In many cases, the redundancy (in addition to being machine-verifiable) also serves as documentation. Documentation itself can be considered a type of redundancy that isn't machine-verifiable; comments and design docs aren't consumed by the machine, but instead by the human programmer. Alarm bells should ring if the code does something different than what the comments describe. (Unfortunately, it is easy for comments and design notes to get out of sync with the code; as the verification steps for these--humans inspecting the code--are tedious and error-prone).

In the above discussion, I believe C/C++ headers should be moved under the "Performance" category rather than the "Increased Reliability" category.

In an ideal world, yes. Given that the design of C/C++ is unlikely to change in this manner, header files are needed for reliability

The reason header files were added when we went from K&R C to ANSI C was to keep the include files small and to avoid writing an additional preprocessor. There is no technical reason why function prototypes could not be pulled from the source code (other languages do this). At the time, however, I assume it was felt that it was better to have the developer manually extract function prototypes rather than having a preprocessor or compiler do it for him.

Please note that I am a C/C++ die hard, but I recognize that using the technology and knowledge we have today, it should no longer be necessary to have the developers create separate header files to allow the compiler and linker to perform consistency checks. It would also be nice if someone stepped forward and defined a way for separately compiled libraries to contain the prototype information (at the binary level rather than at the source code level). Having a header file for libraries is an okay solution for C/C++, but it does not help in exposing C/C++ libraries to other languages.

I'm currently refactoring a hunk of C++ code, I don't mind C++ too much, but it is tedious to have to say or change the same thing in at least two places.

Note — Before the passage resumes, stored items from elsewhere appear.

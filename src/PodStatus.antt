-- ===== src/PodStatus.antt =====
-- The status of a pod from the states of its containers: `GetPodStatus` of
-- provider/vpod_provider.go and `CheckContainerStatusNeedSync` of provider/vpod_store.go.
pub mod Phases
pub mod Sync
pub mod Tests
use virtual_kubelet.Common.{
  ℕ, suc, ◌+◌, ◌*◌, ◌-◌, ◌/◌, ◌%◌, ◌≡◌, Bool, true, false, ◌&&◌, ◌||◌, not, Option, none, some,
  is_some, List, [], ◌∷◌, ℤ, pos, negsuc, Text, text, contains, Map, lookup, insert, Error,
  if◌then◌else◌, ltb, ◌==◌,
}
use virtual_kubelet.Kube.{
  Container, ContainerState, ContainerStatus, Terminated, Phase, pending, running, succeeded,
  PodCondition, PodStatus, Pod, BizStatusData,
}
use virtual_kubelet.Biz.{
  is_biz, same_text, StatusResult, ok, err, convert_biz_status_to_container_status,
}

-- `nameToContainerStatus`: a later status of the same name replaces an earlier one.
unfoldable pub statuses_by_name : List ContainerStatus → Map ContainerStatus → Map ContainerStatus
statuses_by_name [] m = m
statuses_by_name (s ∷ ss) m = statuses_by_name ss (insert s.name s m)

pub data StatusList : Type 0 where
  listed : List ContainerStatus → StatusList
  failed : Error → StatusList

unfoldable pub prepend : StatusResult → StatusList → StatusList
prepend (err e) rest = failed e
prepend (ok s) (listed ss) = listed (s ∷ ss)
prepend (ok s) (failed e) = failed e

-- The loop over the biz containers; it stops at the first failed conversion.
unfoldable pub convert_containers :
    Map ContainerStatus → BizStatusData → List Container → StatusList
unfolding prepend
convert_containers m d [] = listed []
convert_containers m d (c ∷ cs) =
    let rest = convert_containers m d cs in
    if is_biz c
    then prepend (convert_biz_status_to_container_status c (lookup c.name m) (some d)) rest
    else rest

pub record Counts : Type 0 where
  pub total : ℕ
  pub ready : ℕ
  pub terminated : ℕ
  pub not_ready : ℕ
  pub not_inited : ℕ

unfoldable pub count_one : ContainerStatus → Counts → Counts
count_one s n =
    let n' = record n { total = suc n.total } in
    if s.ready
    then record n' { ready = suc n.ready }
    else if is_some s.state.terminated
    then record n' { terminated = suc n.terminated }
    else if is_some s.state.waiting || is_some s.state.running
    then record n' { not_ready = suc n.not_ready }
    else record n' { not_inited = suc n.not_inited }

unfoldable pub count_all : List ContainerStatus → Counts
unfolding count_one
count_all [] = record { total = 0; ready = 0; terminated = 0; not_ready = 0; not_inited = 0 }
count_all (s ∷ ss) = count_one s (count_all ss)

-- The phase, and the value of the conditions `Ready` and `ContainersReady`.
unfoldable pub phase_of : Counts → Phase × Bool
phase_of n =
    if n.total == 0 || n.total == n.terminated
    then (succeeded, false)
    else if n.not_inited == n.total
    then (pending, false)
    else if n.total == n.ready
    then (running, true)
    else if ltb 0 n.not_ready || (ltb 0 n.ready && ltb n.ready n.total)
    then (running, false)
    else (pending, false)

abbrev pub condition : Text → Bool → ℤ → PodCondition
condition kind holds now = record {
  kind = kind;
  holds = holds;
  last_probe_time = now;
  last_transition_time = pos 0;
}

unfoldable pub pod_status : Text → ℤ → List ContainerStatus → PodStatus
unfolding phase_of count_all
pod_status local_ip now ss =
    let (phase, ready) = phase_of (count_all ss) in
    record {
      phase = phase;
      reason = [];
      message = [];
      pod_ip = local_ip;
      conditions =
          condition (text "Ready") ready now ∷ condition (text "ContainersReady") ready now ∷ [];
      container_statuses = ss;
    }

-- `none` is the nil status that comes with an error.
unfoldable pub get_pod_status : Text → ℤ → Pod → BizStatusData → Option PodStatus
unfolding convert_containers statuses_by_name pod_status
get_pod_status local_ip now pod d =
    elim (convert_containers (statuses_by_name pod.status.container_statuses []) d pod.containers) [
      | listed ss ↦ some (pod_status local_ip now ss)
      | failed e ↦ none
    ]

-- `Time.Second()`: the second within the minute.
unfoldable pub second : ℤ → ℕ
second (pos n) = n / 1_000_000_000 % 60
second (negsuc n) = 59 - n / 1_000_000_000 % 60

-- The last status, and the last container, with the name of the biz.
unfoldable pub matched_status : Text → List ContainerStatus → Option ContainerStatus
matched_status name [] = none
matched_status name (s ∷ ss) = elim (matched_status name ss) [
  | some later ↦ some later
  | none ↦ if same_text s.name name && contains s.image (text ".jar") then some s else none
]

unfoldable pub matched_container : Text → List Container → Option Container
matched_container name [] = none
matched_container name (c ∷ cs) = elim (matched_container name cs) [
  | some later ↦ some later
  | none ↦ if same_text c.name name then some c else none
]

unfoldable pub transition_time : List PodCondition → ℤ → ℤ
transition_time [] t = t
transition_time (c ∷ cs) t = c.last_transition_time

unfoldable pub running_since : Option ℤ → ℤ → ℤ
running_since none t = t
running_since (some started) t = started

unfoldable pub finished_since : Option Terminated → ℤ → ℤ
finished_since none t = t
finished_since (some terminated) t = terminated.finished_at

-- The three assignments to `oldChangeTime`, each over the one before.
unfoldable pub status_change_time : ContainerState → List PodCondition → ℤ
unfolding transition_time running_since finished_since
status_change_time s conditions =
    let started = running_since s.running (pos 0) in
    let finished = finished_since s.terminated started in
    if is_some s.waiting then transition_time conditions finished else finished

unfoldable pub old_change_time : Pod → BizStatusData → ℤ
unfolding matched_container matched_status status_change_time
old_change_time pod d = elim (matched_container d.name pod.containers) [
  | none ↦ pos 0
  | some c ↦ elim (matched_status d.name pod.status.container_statuses) [
    | none ↦ pos 0
    | some s ↦ status_change_time s.state pod.status.conditions
  ]
]

unfoldable pub check_container_status_need_sync : Pod → BizStatusData → Bool
unfolding second old_change_time
check_container_status_need_sync pod d = ltb (second (old_change_time pod d)) (second d.change_time)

I support the above statement for that reason.

On the other hand, the separate include files allows for creating DynamicLibraries? that have circular references to each other (provided that the linker and loader for the OS in question is smart enough to handle that case, most are).

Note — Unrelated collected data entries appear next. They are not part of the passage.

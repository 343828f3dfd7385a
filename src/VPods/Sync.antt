-- ===== src/VPods/Sync.antt =====
-- How reports of biz states reach the pods of the provider: `syncBizStatusToKube`,
-- `SyncBizStatusToKube` and `SyncAllBizStatusToKube` of provider/vpod_provider.go.
use virtual_kubelet.Common.{
  Bool, false, Option, none, some, List, [], ◌∷◌, ◌++◌, ℤ, Text, text, map, Map, lookup, insert,
  if◌then◌else◌,
}
use virtual_kubelet.Kube.{Container, Pod, PodStatus, BizStatusData}
use virtual_kubelet.Keys.{get_namespace_and_name_from_pod_key}
use virtual_kubelet.Biz.{get_biz_unique_key}
use virtual_kubelet.PodStatus.{get_pod_status, check_container_status_need_sync}
use virtual_kubelet.Pods.{PodResult, got, failed}
use virtual_kubelet.VPods.{Provider, pod_key, put_pod, notify}

-- `bizKeyToBizStatusData`: a later report of a key replaces an earlier one.
unfoldable pub by_biz_key : List BizStatusData → Map BizStatusData → Map BizStatusData
by_biz_key [] m = m
by_biz_key (d ∷ ds) m = by_biz_key ds (insert d.key d m)

-- The report that stands for a container with none.
unfoldable pub unreported : ℤ → Text → Container → BizStatusData
unfolding get_biz_unique_key
unreported now key c = record {
  key = get_biz_unique_key c;
  name = c.name;
  pod_key = key;
  state = text "UNRESOLVED";
  change_time = now;
  reason = [];
  message = [];
}

unfoldable pub report_of : ℤ → Map BizStatusData → Text → Container → BizStatusData
unfolding unreported
report_of now m key c = elim (lookup (get_biz_unique_key c) m) [
  | none ↦ unreported now key c
  | some d ↦ d
]

-- By the pod that the cache has under the report's pod key.
unfoldable pub needs_sync : PodResult → BizStatusData → Bool
needs_sync (failed e) d = false
needs_sync (got pod) d = check_container_status_need_sync pod d

module _ (cache_get : Text → Text → PodResult) where
  abbrev pub cached : BizStatusData → PodResult
  cached d =
      let (namespace, name) = get_namespace_and_name_from_pod_key d.pod_key in
      cache_get namespace name

  unfoldable pub reports_of_pod : ℤ → Map BizStatusData → Text → List Container → List BizStatusData
  unfolding report_of needs_sync
  reports_of_pod now m key [] = []
  reports_of_pod now m key (c ∷ cs) =
      let rest = reports_of_pod now m key cs in
      let d = report_of now m key c in if needs_sync (cached d) d then d ∷ rest else rest

  unfoldable pub reports_of_pods : ℤ → Map BizStatusData → List Pod → List BizStatusData
  unfolding reports_of_pod
  reports_of_pods now m [] = []
  reports_of_pods now m (pod ∷ pods) =
      reports_of_pod now m (pod_key pod) pod.containers ++ reports_of_pods now m pods

module _ {S : Type 0} (cache_get : Text → Text → PodResult) (local_ip : Text) where
  -- A nil status would make the copy panic.
  unfoldable pub store_status : Pod → Option PodStatus → Provider S → Option (Provider S)
  unfolding put_pod notify
  store_status pod none p = none
  store_status pod (some s) p =
      let pod' = record pod { status = s } in some (notify pod' (put_pod pod' p))

  unfoldable pub sync_stored : ℤ → BizStatusData → Option Pod → Provider S → Option (Provider S)
  unfolding store_status get_pod_status
  sync_stored now d none p = some p
  sync_stored now d (some pod) p = store_status pod (get_pod_status local_ip now pod d) p

  -- `syncBizStatusToKube`; `none` is a panic.
  unfoldable pub sync_status : ℤ → BizStatusData → Provider S → Option (Provider S)
  unfolding sync_stored
  sync_status now d p = sync_stored now d (lookup d.pod_key p.store) p

  unfoldable pub sync_biz_status_to_kube : ℤ → BizStatusData → Provider S → Option (Provider S)
  unfolding needs_sync sync_status
  sync_biz_status_to_kube now d p =
      if needs_sync (cached cache_get d) d then sync_status now d p else some p

  unfoldable pub sync_each : ℤ → List BizStatusData → Option (Provider S) → Option (Provider S)
  unfolding sync_status
  sync_each now ds none = none
  sync_each now [] (some p) = some p
  sync_each now (d ∷ ds) (some p) = sync_each now ds (sync_status now d p)

  -- `by_age` is the sorting of the pods by their time of creation.
  unfoldable pub sync_all_biz_status_to_kube :
      (List Pod → List Pod) → ℤ → List BizStatusData → Provider S → Option (Provider S)
  unfolding by_biz_key reports_of_pods sync_each
  sync_all_biz_status_to_kube by_age now ds p =
      sync_each now
        (reports_of_pods cache_get now (by_biz_key ds []) (by_age (map (λ entry. entry.1) p.store)))
        (some p)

The most important reason I've ever had to be intentionally redundant is clarity. A few times in UnitTests, I've refactored away common code, only to revisit the tests later and discover that their workings were less immediately obvious than they were with the redundant code left in. Sometimes I find I can solve the problem with better names, but in many such cases, I've re-refactored them to re-introduce the redundant code. -- PhilGroce

Introducing redundancy can be a healthy refactoring if it reduces coupling. Consider two modules (which you control) X and Y, both of which use local functions fx and fy, respectively. fx and fy are discovered to do the same thing (perhaps with some trivial differences that can easily be ReFactored). fx and fy don't have any dependency on the rest of X or Y (or such is easily factored out). Should fx and fy be moved to a common library and renamed f?

A quick test; count one point for each "yes":

Is f a large function?
Does f perform some independently useful function, such that it is likely a third library might want to use it?
Is X dependent on Y, or vice versa?
Is there some other common library Z on which X and Y depend, in which f would "make sense"?

If your total score is nonzero (and certainly if it is two or greater), ReFactoring is probably an improvement. If the total score remains zero, you might be better off leaving well enough alone. Otherwise, you will need to introduce a new dependency in both X and Y, to contain a minor function which isn't generally useful; this is likely to increase the complexity of your project.

This seems similar to ThreeStrikesAndYouRefactor.